Problem description | In the material below, the required lines run from the one containing "else if can_read w.writer" through the one containing "let (pooled, registry)". Copy those lines exactly, ends included, and nothing else.

Exercise input |

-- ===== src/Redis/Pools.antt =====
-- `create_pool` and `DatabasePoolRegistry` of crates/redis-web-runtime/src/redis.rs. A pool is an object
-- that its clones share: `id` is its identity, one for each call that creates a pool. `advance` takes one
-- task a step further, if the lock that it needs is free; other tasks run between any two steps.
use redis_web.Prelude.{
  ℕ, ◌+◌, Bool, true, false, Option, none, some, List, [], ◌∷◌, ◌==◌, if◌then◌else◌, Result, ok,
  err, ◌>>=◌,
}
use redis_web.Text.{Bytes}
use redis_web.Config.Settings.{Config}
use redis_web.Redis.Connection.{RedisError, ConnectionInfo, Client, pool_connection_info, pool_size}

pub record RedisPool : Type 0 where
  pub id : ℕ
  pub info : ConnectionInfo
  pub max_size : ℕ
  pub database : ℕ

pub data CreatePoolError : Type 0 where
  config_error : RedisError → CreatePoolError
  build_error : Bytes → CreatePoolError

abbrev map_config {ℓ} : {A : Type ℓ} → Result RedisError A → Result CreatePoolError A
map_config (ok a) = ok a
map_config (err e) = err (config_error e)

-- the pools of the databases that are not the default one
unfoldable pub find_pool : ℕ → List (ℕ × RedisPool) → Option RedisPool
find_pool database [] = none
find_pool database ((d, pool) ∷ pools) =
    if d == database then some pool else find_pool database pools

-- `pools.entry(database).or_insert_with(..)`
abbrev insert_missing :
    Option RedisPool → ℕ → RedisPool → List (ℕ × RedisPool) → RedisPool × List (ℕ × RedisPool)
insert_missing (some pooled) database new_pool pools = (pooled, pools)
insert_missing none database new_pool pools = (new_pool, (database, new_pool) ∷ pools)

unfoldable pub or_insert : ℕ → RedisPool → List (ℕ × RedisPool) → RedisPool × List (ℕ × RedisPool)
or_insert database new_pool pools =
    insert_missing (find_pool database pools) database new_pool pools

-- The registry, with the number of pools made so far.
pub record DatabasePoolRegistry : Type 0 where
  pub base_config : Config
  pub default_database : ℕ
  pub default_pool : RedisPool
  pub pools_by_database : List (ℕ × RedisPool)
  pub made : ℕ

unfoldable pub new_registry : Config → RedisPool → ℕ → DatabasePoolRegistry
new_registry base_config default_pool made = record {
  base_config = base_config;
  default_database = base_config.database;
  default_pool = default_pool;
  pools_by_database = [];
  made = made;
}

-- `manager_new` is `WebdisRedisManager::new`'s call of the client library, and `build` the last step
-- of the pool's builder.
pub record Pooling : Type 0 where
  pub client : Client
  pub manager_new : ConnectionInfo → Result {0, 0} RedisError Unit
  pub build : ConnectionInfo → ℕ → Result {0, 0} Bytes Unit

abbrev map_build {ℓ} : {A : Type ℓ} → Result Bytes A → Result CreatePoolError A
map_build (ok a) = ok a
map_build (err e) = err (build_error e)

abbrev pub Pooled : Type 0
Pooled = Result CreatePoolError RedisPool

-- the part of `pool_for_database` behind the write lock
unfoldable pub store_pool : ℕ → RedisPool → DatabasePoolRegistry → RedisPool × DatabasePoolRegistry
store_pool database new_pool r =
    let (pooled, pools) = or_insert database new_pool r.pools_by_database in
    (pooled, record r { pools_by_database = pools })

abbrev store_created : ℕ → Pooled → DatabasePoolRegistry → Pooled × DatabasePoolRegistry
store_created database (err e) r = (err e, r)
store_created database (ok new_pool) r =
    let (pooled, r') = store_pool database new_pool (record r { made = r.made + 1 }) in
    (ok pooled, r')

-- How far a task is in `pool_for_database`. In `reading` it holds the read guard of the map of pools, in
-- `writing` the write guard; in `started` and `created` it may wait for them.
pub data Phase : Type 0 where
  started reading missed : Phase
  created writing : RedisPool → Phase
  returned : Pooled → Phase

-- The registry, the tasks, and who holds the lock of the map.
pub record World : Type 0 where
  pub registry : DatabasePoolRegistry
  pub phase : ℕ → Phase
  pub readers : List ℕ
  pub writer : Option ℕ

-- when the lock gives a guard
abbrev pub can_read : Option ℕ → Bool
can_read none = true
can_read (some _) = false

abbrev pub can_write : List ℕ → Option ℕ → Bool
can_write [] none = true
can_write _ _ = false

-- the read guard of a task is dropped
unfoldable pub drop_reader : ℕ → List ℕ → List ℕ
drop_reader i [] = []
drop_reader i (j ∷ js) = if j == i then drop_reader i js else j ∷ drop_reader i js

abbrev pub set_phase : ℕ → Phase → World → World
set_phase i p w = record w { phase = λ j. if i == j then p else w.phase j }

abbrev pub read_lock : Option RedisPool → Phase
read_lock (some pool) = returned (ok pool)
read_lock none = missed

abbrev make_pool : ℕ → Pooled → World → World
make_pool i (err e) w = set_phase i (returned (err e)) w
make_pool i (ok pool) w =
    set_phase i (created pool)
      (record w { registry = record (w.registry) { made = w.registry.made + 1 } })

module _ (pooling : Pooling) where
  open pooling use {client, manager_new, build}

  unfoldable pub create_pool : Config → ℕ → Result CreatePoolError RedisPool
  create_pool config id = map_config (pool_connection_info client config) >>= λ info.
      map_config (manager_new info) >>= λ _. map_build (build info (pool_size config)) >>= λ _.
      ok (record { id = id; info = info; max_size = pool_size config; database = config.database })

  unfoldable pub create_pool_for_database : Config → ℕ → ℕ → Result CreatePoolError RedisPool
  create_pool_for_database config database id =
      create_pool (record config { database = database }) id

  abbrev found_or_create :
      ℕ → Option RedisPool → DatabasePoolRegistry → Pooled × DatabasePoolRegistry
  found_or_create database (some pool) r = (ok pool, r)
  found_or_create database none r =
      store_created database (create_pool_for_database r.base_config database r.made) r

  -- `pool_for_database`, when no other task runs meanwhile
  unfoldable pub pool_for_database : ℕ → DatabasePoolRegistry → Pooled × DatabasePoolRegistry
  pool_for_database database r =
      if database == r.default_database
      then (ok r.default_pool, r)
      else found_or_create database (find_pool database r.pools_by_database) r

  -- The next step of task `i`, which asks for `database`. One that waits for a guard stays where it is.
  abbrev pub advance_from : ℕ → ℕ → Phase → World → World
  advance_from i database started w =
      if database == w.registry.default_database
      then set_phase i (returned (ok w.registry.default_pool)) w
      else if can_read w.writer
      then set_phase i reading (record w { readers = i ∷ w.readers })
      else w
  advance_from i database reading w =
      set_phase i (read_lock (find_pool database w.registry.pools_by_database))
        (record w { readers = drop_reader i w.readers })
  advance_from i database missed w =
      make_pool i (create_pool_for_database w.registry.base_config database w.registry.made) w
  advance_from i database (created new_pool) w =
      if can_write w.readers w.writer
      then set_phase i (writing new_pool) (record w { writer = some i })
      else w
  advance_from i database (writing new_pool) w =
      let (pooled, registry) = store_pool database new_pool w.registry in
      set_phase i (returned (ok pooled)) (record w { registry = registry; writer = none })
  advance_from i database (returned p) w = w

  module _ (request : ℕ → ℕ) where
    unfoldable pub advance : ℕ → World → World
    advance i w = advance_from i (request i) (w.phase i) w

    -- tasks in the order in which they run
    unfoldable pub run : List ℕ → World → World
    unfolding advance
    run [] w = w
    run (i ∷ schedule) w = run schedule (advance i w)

Task result |
      else if can_read w.writer
      then set_phase i reading (record w { readers = i ∷ w.readers })
      else w
  advance_from i database reading w =
      set_phase i (read_lock (find_pool database w.registry.pools_by_database))
        (record w { readers = drop_reader i w.readers })
  advance_from i database missed w =
      make_pool i (create_pool_for_database w.registry.base_config database w.registry.made) w
  advance_from i database (created new_pool) w =
      if can_write w.readers w.writer
      then set_phase i (writing new_pool) (record w { writer = some i })
      else w
  advance_from i database (writing new_pool) w =
      let (pooled, registry) = store_pool database new_pool w.registry in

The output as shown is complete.